John Pellegrino, director of the ARL Sensors and Electron Devices Directorate, said the Army hopes to use its new relationship with the university as a bridge to the many companies and organizations that already have research agreements with the college, such as International Sematech. He said over the next few weeks, ARL and the NanoCollege will define projects and goals for the collaboration.

“[The ARL] has a very large number of highly talented researchers who understand the Army and its needs and applications. When you couple that with [the NanoCollege’s professors and expertise] and the kinds of industrial partners one also sees here at Albany — that forms a very strong group,” Pellegrino said. “If you work just with an individual company, it can indeed form some powerful applications, but not when you’re getting into these very new domains that offer so much more.”

According to officials the partnership will use the existing budgets of both organizations and will not include, at least at first, any additional federal funding.

Kaloyeros said he hopes the collaboration will eventually grow to be as big as the Army’s partnership with the Massachusetts Institute of Technology. He said the Army’s research at MIT benefits from about $20 million in annual federal funding.

“What MIT has done on the materials and longer-term chemical aspects of nanotechnology we’re doing here with the devices [called] sensor-on-a-chip. Our hope is within the next few years we’ll have a center of equal or bigger size that compliments what’s going on at MIT,” he said.

Nanotechnology is manipulation of matter on the nanoscale. For perspective, one human hair is about 80,000 nanometers thick

Kaloyeros said the new partnership offers the Army an opportunity to build a major competitive edge in its use of nanotechnology-enhanced equipment.

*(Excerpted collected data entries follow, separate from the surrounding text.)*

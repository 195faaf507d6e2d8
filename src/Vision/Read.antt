-- ===== src/Vision/Read.antt =====
-- crates/clash-proxynet/src/vision.rs: every step of the reader keeps what is due.
use rust_clash.Common.{
  ℕ, suc, ◌+◌, ◌<◌, ◌≤◌, ◌≡◌, inl, inr, refl, sym, ◌∙◌, ap, Option, List, [], ◌++◌, arith, length,
  length-append, All, drop, length-drop, ltb, Bool-cases, nat_eq, list_eq,
}
use mathlib.Core.Path.{subst}
use Prim.Native.Nat.{min}
use rust_clash.Io.Reads.{length_zero}
use rust_clash.Io.Steps.{Settles, IsLawful}
use rust_clash.Vision.{VisionRead, Mode, fill_from_session, feed, decide_loop, settle, reader}
use rust_clash.Vision.Frames.{
  Frames, Ending, wire_of, carried, IsFrame, IsEnding, fronts, wire_long,
}
use rust_clash.Vision.Due.{state, Due, fill_undecided}
use rust_clash.Vision.Branches.{try_decide-none, try_decide-some}
use rust_clash.Vision.Handed.{raw-Settles}
use rust_clash.Vision.Framed.{framed-Settles}

module _ (uuid : List ℕ) (sixteen : length uuid ≡ 16) (detach : List ℕ → Option (List ℕ)) where
  undecided-Settles :
      (fuel room start : ℕ) (buffered : List ℕ) (e : ℕ) (bytes payload : List ℕ) (fs : Frames)
      (end : Ending)
      → 0 < room
      → length buffered + 2 ≤ fuel
      → All IsFrame fs
      → IsEnding end
      → 0 < length (wire_of fs end)
      → buffered ++ bytes ≡ uuid ++ wire_of fs end
      → payload ≡ carried fs end
      → Settles
          (Due uuid)
          feed
          bytes
          payload
          (decide_loop uuid detach (suc fuel) room (state Mode.undecided start buffered 0 0 0 e))
  unfolding decide_loop
  undecided-Settles fuel room start buffered e bytes payload fs end pos f all ok some_wire eq q =
      let s = state Mode.undecided start buffered 0 0 0 e in
      let same =
        (fronts (min (length buffered) 16) buffered bytes uuid (wire_of fs end) (omega arith)
          (omega (arith, sixteen)) eq).0 in
      elim (Bool-cases (ltb (length buffered) 21)) [
        | inl short ↦
            let next : decide_loop uuid detach (suc fuel) room s ≡ fill_from_session s =
              rw (decide_loop, try_decide-none uuid s same (ground arith)) refl in
            subst (λ w. Settles (Due uuid) feed bytes payload w) (sym next)
              (fill_undecided uuid start buffered 0 0 0 e bytes payload (ground arith)
                (fs, end, all, ok, some_wire, eq, q, refl, refl, refl, refl)
                (λ nil. absurd (
                  ground (
                    arith,
                    wire_long fs end some_wire,
                    ap length eq,
                    ap length nil,
                    sixteen,
                    length-append buffered bytes,
                    length-append uuid (wire_of fs end),
                  ))))
        | inr long ↦
            let many : 21 ≤ length buffered = ground arith in
            let next : decide_loop uuid detach (suc fuel) room s
                ≡ decide_loop uuid detach fuel room
                    (state Mode.framed (start + 16) (drop 16 buffered) 0 0 0 e) =
              rw (decide_loop, try_decide-some uuid s same many) refl in
            let behind =
              (fronts 16 buffered bytes uuid (wire_of fs end) (omega arith) (omega (arith, sixteen))
                eq).1 in
            let gone : drop 16 uuid ≡ [] =
              length_zero (drop 16 uuid) (omega (arith, sixteen, length-drop 16 uuid)) in
            subst (λ w. Settles (Due uuid) feed bytes payload w) (sym next)
              (framed-Settles uuid detach fuel room (start + 16) (drop 16 buffered) 0 e bytes
                payload [] [] (wire_of fs end) (carried fs end) pos
                (omega (arith, length-drop 16 buffered))
                (behind ∙ ap (λ l. l ++ wire_of fs end) gone) q
                (inl (refl, (fs, end, all, ok, refl, refl))))
      ]

  abbrev spliced_state : Mode → ℕ → List ℕ → ℕ → ℕ → ℕ → ℕ → Option (List ℕ) → VisionRead
  spliced_state mode start buffered command content padding empty spliced = record {
    mode = mode;
    start = start;
    buffered = buffered;
    command = command;
    remaining_content = content;
    remaining_padding = padding;
    padding_only = empty;
    spliced = spliced;
  }

  by_mode :
      (mode : Mode) (room start : ℕ) (buffered : List ℕ) (c r p e : ℕ) (sp : Option (List ℕ))
      (bytes payload : List ℕ)
      → 0 < room
      → (Due uuid) (spliced_state mode start buffered c r p e sp) bytes payload
      → Settles
          (Due uuid)
          feed
          bytes
          payload
          (settle uuid detach room (spliced_state mode start buffered c r p e sp))
  unfolding settle
  by_mode Mode.undecided room start buffered c r p e sp bytes payload pos
        (fs, end, all, ok, some_wire, eq, q, c0, r0, p0, s0) =
      let same : spliced_state Mode.undecided start buffered c r p e sp
          ≡ state Mode.undecided start buffered 0 0 0 e =
        rw (c0, r0, p0, s0) refl in
      let fuel : length buffered + 3 ≡ suc (length buffered + 2) = omega arith in
      subst
        (λ t.
          Settles (Due uuid) feed bytes payload
            (decide_loop uuid detach (length buffered + 3) room t))
        (sym same)
        (subst
          (λ n.
            Settles (Due uuid) feed bytes payload
              (decide_loop uuid detach n room (state Mode.undecided start buffered 0 0 0 e)))
          (sym fuel)
          (undecided-Settles (length buffered + 2) room start buffered e bytes payload fs end pos
            (omega arith) all ok some_wire eq q))
  by_mode Mode.framed room start buffered c r p e sp bytes payload pos
        (content, padding, wire, rest, lc, lp, eq, q, behind, s0) =
      let same : spliced_state Mode.framed start buffered c r p e sp
          ≡ state Mode.framed start buffered c (length content) (length padding) e =
        rw (lc, lp, s0) refl in
      subst
        (λ t.
          Settles (Due uuid) feed bytes payload
            (decide_loop uuid detach (length buffered + 3) room t))
        (sym same)
        (framed-Settles uuid detach (length buffered + 3) room start buffered c e bytes payload
          content padding wire rest pos (omega arith) eq q behind)
  by_mode Mode.raw room start buffered c r p e sp bytes payload pos (eq, s0) =
      let same : spliced_state Mode.raw start buffered c r p e sp
          ≡ state Mode.raw start buffered c r p e =
        rw s0 refl in
      let fuel : length buffered + 3 ≡ suc (length buffered + 2) = omega arith in
      subst
        (λ t.
          Settles (Due uuid) feed bytes payload
            (decide_loop uuid detach (length buffered + 3) room t))
        (sym same)
        (subst
          (λ n.
            Settles (Due uuid) feed bytes payload
              (decide_loop uuid detach n room (state Mode.raw start buffered c r p e)))
          (sym fuel)
          (raw-Settles uuid detach (length buffered + 2) room start buffered c r p e bytes payload
            pos eq))

  pub reader-IsLawful : IsLawful (Due uuid) (reader uuid detach)
  reader-IsLawful room s bytes payload pos d =
      by_mode s.mode room s.start s.buffered s.command s.remaining_content s.remaining_padding
        s.padding_only s.spliced bytes payload pos d
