-- ===== src/Vision/Staged.antt =====
-- crates/clash-proxynet/src/vision.rs: what stage_uplink stages of a buffer that is not empty.
use rust_clash.Common.{
  ℕ, zero, suc, ◌+◌, ◌-◌, ◌<◌, ◌≤◌, ◌≡◌, refl, ap, Bool, true, false, not, ◌&&◌, some, List, [],
  ◌∷◌, ◌++◌, arith, length, take, at, replicate, length-replicate, length-take, ltb, ◌==◌,
  if◌then◌else◌, Bool-cases, inl, inr,
}
use rust_clash.Text.{is_empty}
use rust_clash.Vision.{cmd_end, cmd_continue, max_frame}
use rust_clash.Vision.Frames.{frame_of}
use rust_clash.Vision.Uplink.{
  VisionWrite, uuid_over, padding_len, pad_frame, max_content, stage_uplink,
}
use rust_clash.Vision.Sent.{command_of}

pub take_min : (n : ℕ) (rest : List ℕ) → take (length (take n rest)) rest ≡ take n rest
take_min zero rest = refl
take_min (suc n) [] = refl
take_min (suc n) (x ∷ rest) = ap (◌∷◌ x) (take_min n rest)

max_content_bounds :
    (over : ℕ) → over ≤ 16 → (0 < max_content over) × (max_content over + over + 5 ≤ max_frame)
unfolding max_content
max_content_bounds over h = ground arith

module _ (draw : ℕ → ℕ → ℕ) (uuid : List ℕ) where
  padding_len_le :
      (n content over : ℕ) → padding_len draw n content over ≤ max_frame - over - 5 - content
  unfolding padding_len
  padding_len_le n content over = omega arith

  abbrev pub zeros_of : VisionWrite → ℕ → List ℕ
  zeros_of s content = replicate (padding_len draw s.drawn content (uuid_over s)) 0

  pad_frame_lem :
      (s : VisionWrite) (content : List ℕ) (command : ℕ)
      → length content + uuid_over s + 5 ≤ max_frame
      → pad_frame draw uuid s content command
        ≡ some (
            (if s.uuid_sent then [] else uuid)
            ++ frame_of command content (zeros_of s (length content)))
  unfolding pad_frame
  pad_frame_lem s content command fits =
      let ok : ltb (max_frame - (5 + uuid_over s)) (length content) ≡ false =
        ground (arith, fits) in
      let zero_byte : ℕ = 0 in
      let size =
        length-replicate (padding_len draw s.drawn (length content) (uuid_over s)) zero_byte in
      rw (ok, size) refl

  abbrev pub chunk_of : VisionWrite → List ℕ → List ℕ
  chunk_of s buf = take (max_content (uuid_over s)) buf

  abbrev pub is_last : VisionWrite → List ℕ → Bool
  is_last s buf = not (is_empty (chunk_of s buf)) && at (chunk_of s buf) 0 == 0x17

  uuid_over_le : (started : Bool) → (if started then 0 else 16) ≤ 16
  uuid_over_le true = omega arith
  uuid_over_le false = omega arith

  pub zeros_le : (s : VisionWrite) (n : ℕ) → length (zeros_of s n) ≤ max_frame - uuid_over s - 5 - n
  zeros_le s n =
      let zero_byte : ℕ = 0 in
      omega (
        arith,
        length-replicate (padding_len draw s.drawn n (uuid_over s)) zero_byte,
        padding_len_le s.drawn n (uuid_over s),
      )

  pub chunk_bounds :
      (s : VisionWrite) (x : ℕ) (rest : List ℕ)
      → (0 < length (chunk_of s (x ∷ rest)))
        × (length (chunk_of s (x ∷ rest)) + uuid_over s + 5 ≤ max_frame)
        × (length (chunk_of s (x ∷ rest)) ≤ length (x ∷ rest))
  chunk_bounds s x rest =
      let (pos, fits) = max_content_bounds (uuid_over s) (uuid_over_le s.uuid_sent) in
      let size = length-take (max_content (uuid_over s)) (x ∷ rest) in
      (omega (arith, size, pos), omega (arith, size, fits), omega (arith, size))

  pub stage_uplink_lem :
      (s : VisionWrite) (x : ℕ) (rest : List ℕ)
      → (let chunk = chunk_of s (x ∷ rest) in
          let last = is_last s (x ∷ rest) in
          stage_uplink draw uuid s (x ∷ rest) ≡ record s {
            left =
                (if s.uuid_sent then [] else uuid)
                ++ frame_of (command_of last) chunk (zeros_of s (length chunk));
            write_plain = length chunk;
            pending_end = last;
            drawn = suc s.drawn;
          })
  unfolding stage_uplink
  stage_uplink_lem s x rest =
      let (pos, fits, small) = chunk_bounds s x rest in
      let chunk = chunk_of s (x ∷ rest) in
      elim (Bool-cases (is_last s (x ∷ rest))) [
        | inl h ↦ rw (stage_uplink, h, pad_frame_lem s chunk cmd_end fits, h) refl
        | inr h ↦ rw (stage_uplink, h, pad_frame_lem s chunk cmd_continue fits, h) refl
      ]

“The whole idea is to have a soldier with army fatigues embedded with sensors that track the vital signs and basically follow what the soldier is seeing in the field and get real-time information of where the enemy is. It’s a real-time way to prepare the fighting force of the 21st century,” he said.

“In all candor, I believe the reason a lot of foreign companies are now doing their research in the U.S. is because what we’re doing, and the U.S. is doing, is 10 to 15 years ahead of any other country. That’s why quite a few of the partnerships, even in this new center, could involve quite a few European companies.”

Pellegrino said he becomes very excited talking about the possible military applications of nanotechnology, which could also benefit the civilian world.

“One can look at the medical perspective and think eventually of bandages that are printable, programmable and can sense things on the individual and dispense tailored [medications]. This technology is what will help us get to that kind of vision,” he said.

ARL researchers also envision Army robots made smarter and more agile than the current generation of drones used in Iraq.

“We would put nanotechnology integrated onto the skins of microrobots that would be able to do such things as go in and search buildings, autonomously, for any bad guys hiding behind walls ready to take out our soldiers or — in a natural disaster situation — [be able to] find people who are alive in the rubble,” Pellegrino said. “Some of the issues with sending past robots into rubble has been getting [information back] out. [With nano-enhanced microrobots] you could send signals through a chain of microrobots to, in effect, wirelessly get [information] out.”

The memorandum of understanding was signed during the second annual Convergence of International Research and Commercialization in Albany, known as CIRCA ’08.